Keywords: Liver disease, response to therapy, prognosis, recurrence
Chronic hepatitis C virus (HCV) infection is a global health problem with an estimated prevalence of 2%, representing 120 to 130 million people.1 There is significant geographic variation in the prevalence and distribution of HCV genotypes. Although HCV genotype 1 predominates in Europe, North and South America, and Japan, genotype 3 accounts for 35% to 55% of chronic HCV infections in regions such as the Indian subcontinent, Southeast Asia, and Australasia.2,3 In comparison with other genotypes, genotype 3 is also associated with a higher incidence of hepatic steatosis and rapid progression of liver fibrosis.2,4–6 Furthermore, emerging direct-acting antiviral therapies, such as telaprevir, appear to have reduced efficacy in genotype 3, indicating that pegylated interferon (IFN)-α (Peg-IFNα) and ribavirin are likely to remain the standard-of-care for now. Current recommended therapy for genotype 2 or 3 is 24 weeks of Peg-IFNα and a fixed-dose of ribavirin (800 mg/d). Although sustained virologic response (SVR) rates for genotypes 2 and 3 (range 70% to 85%) are higher than for genotype 1, the rates observed for genotype 3 are consistently lower than for genotype 2.7–11 To tailor therapy, a shorter duration of treatment (12 to 16 weeks) has been explored, although an increase in relapse rates has been observed, most notably in patients who did not achieve a rapid virologic response at week 4 (RVR).8–10 Conversely, lengthening treatment duration and weight-based ribavirin may be beneficial for patients with genotype 3 who do not achieve an RVR.12–14 Very few studies, however, have been powered to assess host-viral factors associated with relapse in patients with genotype2 and 3 separately.15
Hepatitis C virus genotype 3 is associated with the presence of hepatic steatosis, with rates of up to 70% that are consistently higher than those reported in other genotypes.4 The impact of underlying steatosis on treatment outcomes in genotype has been explored in a number of studies with variable results.

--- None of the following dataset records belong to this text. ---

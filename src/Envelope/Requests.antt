-- ===== src/Envelope/Requests.antt =====
-- packages/application/src/documents/idempotency.ts: a command is executed once for each key. The
-- digest of `JSON.stringify` is the `sha256_json` of the runtime.
pub mod Replay
use bug_free_fiesta.Program.{
  on_idempotency, throw, pure, next_id, lift, ◌>>◌, gets, ◌>>=◌, Handler, Runtime,
}
use bug_free_fiesta.Prelude.{
  true, if◌then◌else◌, ◌||◌, str_eq, ltb, ℕ, ◌&&◌, [], is_none, ◌∷◌, ◌+◌, some, none, if◌then◌else◌,
  not, String, Bool, Option,
}
use Prim.Native.Char.{code}
use bug_free_fiesta.Domain.Errors.{
  err, ok, validation_error, guard, throw_if, Result, conflict_error, ApplicationError,
}
use bug_free_fiesta.Domain.Json.{end, object, Json, prop, Props}
use bug_free_fiesta.Domain.Entities.{Payload, IdempotencyRecord}
use bug_free_fiesta.Domain.Text.{codes, utf16_length, is_space}
use bug_free_fiesta.Store.Ledger.{create_idempotency, find_idempotency, IdempotencyScope}
use bug_free_fiesta.Domain.Canonical.{key_before}
use bug_free_fiesta.Domain.Statuses.{AuditActorType}

-- `value.trim()`
abbrev trim_start : String → String
trim_start String.[] = String.[]
trim_start (String.◌∷◌ c s) = if is_space (code c) then trim_start s else String.◌∷◌ c s

abbrev keep_last : Bool → String → String → String
keep_last true whole String.[] = String.[]
keep_last blank whole rest = whole

abbrev trim_end : String → String
trim_end String.[] = String.[]
trim_end (String.◌∷◌ c s) =
    let rest = trim_end s in keep_last (is_space (code c)) (String.◌∷◌ c rest) rest

unfoldable pub trim : String → String
unfolding is_space
trim value = trim_end (trim_start value)

abbrev checked_key : String → Result String
checked_key key =
    if ltb (utf16_length (codes key)) 8 || ltb 128 (utf16_length (codes key))
    then err (validation_error (("field", "Idempotency-Key") ∷ ("reason", "invalid") ∷ []))
    else ok key

unfoldable pub require_idempotency_key : String → Result String
unfolding trim utf16_length
require_idempotency_key value = checked_key (trim value)

-- `Object.keys(value).sort()`, with the values: the keys of one object, the nested ones as they are.
unfoldable pub insert_key : String → Json → Props → Props
unfolding key_before
insert_key key value end = prop key value end
insert_key key value (prop other w rest) =
    if key_before other key
    then prop other w (insert_key key value rest)
    else prop key value (prop other w rest)

unfoldable pub stable_json : Props → Props
unfolding insert_key
stable_json end = end
stable_json (prop key value rest) = insert_key key value (stable_json rest)

pub record BeginInput : Type 0 where
  pub scope : IdempotencyScope
  pub principal_type : AuditActorType
  pub request : Payload
  pub now : ℕ
  pub ttl_ms : ℕ
  pub reuse_in_progress : Bool

pub data Begun : Type 0 where
  replay : IdempotencyRecord → Begun
  fresh : IdempotencyRecord → Begun

abbrev pub has_response : IdempotencyRecord → Bool
has_response existing =
    not (is_none existing.response_body) && not (is_none existing.response_status)

abbrev pub idempotency_replay : ApplicationError
idempotency_replay = conflict_error (("reason", "idempotency_replay") ∷ [])

abbrev pub idempotency_in_progress : ApplicationError
idempotency_in_progress = conflict_error (("reason", "idempotency_in_progress") ∷ [])

abbrev pub new_record : BeginInput → String → String → IdempotencyRecord
new_record input request_hash id = record {
  id = id;
  organization_id = input.scope.organization_id;
  principal_type = input.principal_type;
  principal_id = input.scope.principal_id;
  route = input.scope.route;
  key = input.scope.key;
  request_hash = request_hash;
  request_id = none;
  response_status = none;
  response_body = none;
  expires_at = input.now + input.ttl_ms;
  created_at = input.now;
  updated_at = input.now;
}

module _ (rt : Runtime) where
  abbrev pub request_hash_of : BeginInput → String
  request_hash_of input = rt.sha256_json (object (stable_json input.request))

  abbrev resume : Bool → IdempotencyRecord → Handler Begun
  resume reuse_in_progress existing =
      if has_response existing
      then pure (Begun.replay existing)
      else (if reuse_in_progress then pure (fresh existing) else throw idempotency_in_progress)

  -- What the record that is found, or that is missing, leads to.
  unfoldable pub begin_from : BeginInput → Option IdempotencyRecord → Handler Begun
  begin_from input (some existing) = do
    lift (guard (str_eq existing.request_hash (request_hash_of input)) idempotency_replay)
    resume input.reuse_in_progress existing
  begin_from input none = do
    id ← next_id rt
    made ← on_idempotency (
        create_idempotency input.scope.organization_id
          (new_record input (request_hash_of input) id))
    pure (fresh made)

  unfoldable pub replay_or_begin_idempotency : BeginInput → Handler Begun
  replay_or_begin_idempotency input = do
    existing ← gets (λ s. find_idempotency input.scope s.idempotency_records)
    begin_from input existing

Several studies have suggested no association between steatosis and SVR in genotype,16,17 particularly when HCV-RNA levels18 or insulin resistance19 were considered. Other reports, however, have indicated the absence of steatosis as a significant predictor of SVR in these patients.7 This may relate to cohort differences in steatosis grading and prevalence, treatment regimens, or HCV-RNA thresholds, or failure to consider host metabolic factors such as insulin resistance. Of note, however, the association of steatosis with RVR in genotype 2 or 3 has not been clearly established. The aim of the present study was to further explore the inter-relationship between steatosis, HCV-RNA levels, and relapse in the context of RVR in a well-characterized cohort of patients with chronic HCV genotype 2 or 3 enrolled in a phase 3 trial.
Materials and Methods
Study Design
Overall, 932 treatment-naïve patients with chronic HCV genotype 2 (n = 427) or 3 (n = 505) were enrolled in a global, phase 3, randomized, active controlled study (ACHIEVE-2/3; ClinicalTrials.gov identifier NCT00411385) of albinterferon alfa-2b vs Peg-IFNα-2a (Pegasys; Hoffmann-La Roche, Inc, Nutley, New Jersey), plus fixed-dose ribavirin (Ribasphere; Three Rivers Pharmaceuticals, Warrendale, Pennsylvania; 800 mg/d), for 24 weeks.20 Study design, inclusion and exclusion criteria, and final study results have been reported previously.20 Hepatitis C virus-RNA levels were assessed by real-time polymerase chain reaction (CE-marked COBAS® Ampliprep/COBAS® Taqman® HCV Test, Roche Diagnostics, Basel, Switzerland). The limit of quantitation for this assay was 43 IU/mL and the limit of detection 15 IU/mL (testing performed by LabCorp, Raritan, New Jersey). The primary efficacy endpoint was SVR, defined as HCV-RNA level <15 IU/mL at week 48. Rapid virologic response was defined as HCV-RNA <43 IU/mL.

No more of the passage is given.